There is such a hopefulness in our faith. Whatever may have happened, whatever dangers or disappointments we might have faced, whatever risks lie in wait for us, there is always hope. 

The words of Kennon Callahan (Twelve Keys to an Effective Church) have been with me for years … we are not only the people of the Cross, we are also the people of the Empty Tomb.

And as we have journeyed our weary way through Lent, reminiscent of the 40 years in the desert on the way to the Promised Land and Jesus’ 40 days in the wilderness before he began his ministry, we are reminded in these readings that ahead of us lies the full satisfaction of our hope in God.

But what about the reading in John’s Gospel … surely it doesn’t fit this message. What does a dinner party, an extravagant wasting of perfume, talk of a burial and the poor always being with us have to do with hopefulness?

Let’s set the scene.

There is a dinner party in the village of Bethany. Jesus is the honoured guest at the table, he is surrounded by his most intimate friends 

  • Lazarus, the friend who died and over whom he wept. The one whom he raised from the dead.
  • Lazarus’ sisters, Martha and her sister Mary, with whom Jesus seemed to stay whenever he visited Jerusalem
  • And, of course, the disciples.

Martha is serving the food, and Lazarus’ is there at the table.

Mary takes a pint of pure nard and pours it on Jesus’ feet, the room is filled with a wonderful fragrance but Judas is upset at this extravagant waste.

This story of the woman who pours perfume over Jesus’ feet appears also in each of the other gospels but she is only named in John. In Luke’s gospel she is identified as a sinner – “that sort of woman!”

Some have suggested that this Mary could well be Mary Magdalene, or Mary of Migdol (a little village near Galilee on the main road to Nazareth). Mary of Migdol was the former prostitute from whom Jesus had cast out seven devils.

Here she comes and pours out a pint of pure nard, worth nearly a years’ wages, on the feet of Jesus. In those days prostitutes invested in perfume as a saving for their retirement. The alabaster perfume bottle worn around their neck was a symbol of their profession.  

Mary comes to Jesus – and she had no doubt been with Him many days – and pours out this perfume (all her savings for the future) at the feet of the Lord. It is powerfully symbolic – she is surrendering her past, as a sinner, and giving her future as a gift to Jesus. 

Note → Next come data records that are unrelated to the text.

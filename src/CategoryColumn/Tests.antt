-- ===== src/CategoryColumn/Tests.antt =====
-- The column at concrete inputs, with an `instr` written out.
use jacklet.Prelude.{
  ℕ, ◌+◌, ◌<◌, ◌≡◌, refl, sym, ap, ◌∙◌, subst, ◌↔◌, inl, inr, true, none, some, [], ◌∷◌, ◌++◌,
  arith, if◌then◌else◌, Bool-cases, ◌==◌, ℕ-Eq, Any, Bytes, codes, Bytes-Eq,
}
use jacklet.Prelude.Int.{pos, negsuc}
use jacklet.Prelude.Decimal.{atoi, itoa}
use jacklet.Prelude.Options.{traverse}
use jacklet.Prelude.Split.{split, join}
use jacklet.Prelude.Ascii.{has_prefix}
use jacklet.Prelude.Within.{Within, prefix_rest, rest_prefix}
use jacklet.CategoryColumn.{
  CategoryList, itoa_int, column_value, text, bytes, scan_text, scan, category_needle,
  category_match,
}
use jacklet.CategoryColumn.RoundTrip.{scan-column_value}
use jacklet.CategoryColumn.Match.{FindsText, category_match_iff}

abbrev ids : CategoryList
ids = pos 2040 ∷ pos 20400 ∷ negsuc 6 ∷ []

written : column_value ids ≡ codes "2040,20400,-7"
unfolding column_value join itoa_int itoa
written = refl

bad_column : scan (text (codes "2040,")) ≡ none
unfolding scan scan_text split traverse atoi
bad_column = refl

-- The place of the first occurrence, counted from one, and 0 for none.
instr : Bytes → Bytes → ℕ
instr [] t = if has_prefix [] t then 1 else 0
instr (b ∷ s) t =
    let rest = instr s t in if has_prefix (b ∷ s) t then 1 else if rest == 0 then 0 else rest + 1

found : (s t : Bytes) → 0 < instr s t → Within t s
unfolding instr
found [] t h = let (r, e) = prefix_rest [] t (ground arith) in ([], r, e)
found (b ∷ s) t h = elim (Bool-cases (has_prefix (b ∷ s) t)) [
  | inl p ↦ let (r, e) = prefix_rest (b ∷ s) t p in ([], r, e)
  | inr p ↦ let (a, r, e) = found s t (ground arith) in (b ∷ a, r, ap (λ u. b ∷ u) e)
]

at_start : (t b s : Bytes) → s ≡ t ++ b → 0 < instr s t
unfolding instr
at_start t b [] e =
    let p : has_prefix [] t ≡ true = ap (λ u. has_prefix u t) e ∙ rest_prefix t b in
    rw p (omega arith)
at_start t b (c ∷ s) e =
    let p : has_prefix (c ∷ s) t ≡ true = ap (λ u. has_prefix u t) e ∙ rest_prefix t b in
    rw p (omega arith)

finds_at : (a t b : Bytes) → 0 < instr (a ++ (t ++ b)) t
unfolding instr
finds_at [] t b = at_start t b (t ++ b) refl
finds_at (c ∷ a) t b = ground (arith, finds_at a t b)

instr-FindsText : FindsText instr
instr-FindsText s t = (found s t, λ (a, b, e). subst (λ u. 0 < instr u t) (sym e) (finds_at a t b))

scan-column_value_example :
    (scan (text (column_value ids)) ≡ some ids) × (scan (bytes (column_value ids)) ≡ some ids)
scan-column_value_example = scan-column_value ids (omega arith, (omega arith, (omega arith, tt)))

category_match_iff_example :
    (category_match instr (column_value ids) (category_needle (codes "20400")) ≡ true)
    ↔ Any (λ z. itoa_int z ≡ codes "20400") ids
category_match_iff_example =
    category_match_iff instr ids (codes "20400") instr-FindsText (λ h. cc) refl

Judas is angry! What a waste, he says, but really he was only interested in helping himself to this valuable perfume.

Jesus is pleased! This gift is for my burial … it is only six days to go. Six days to the Passover, six days to the Cross, Six days to death…

In Jesus’ mind, the hope for mankind is nearly here. He will die for the sake of sinners. In the giving of his life he will give new life and new hope for all those who put their faith and trust in him. 

Perhaps Mary Magdalene knew this too … She was no longer the prostitute who served travellers on the road between Jerusalem and Galilee. That life was gone – dead, finished. She had found a new life in following Jesus, and perhaps, of all his followers, including the disciples, she understood the good news of his message.

She gave up her old life, she gave up her perfume – her saved-up hope for the future, to put all her trust and hope in him.

At his death, she was there at the Cross with his mother, At his resurrection, she was there at the dawn of the new day to bear witness to the empty tomb and the risen Christ.

As we approach the remembrance of those momentous events 2000 years ago, Palm Sunday on the way into Jerusalem, Good Friday on Golgotha and Easter Sunday at the Garden Tomb … let us also know that putting our sin behind us is not a loss … that putting our trust in Jesus is a good investment and that there is great joy beyond the trials and the suffering.

Let us be like those who dreamed. Let our mouths be filled with laughter, and our tongues with songs of joy.

To God be the glory, in Christ Jesus, both now and forever!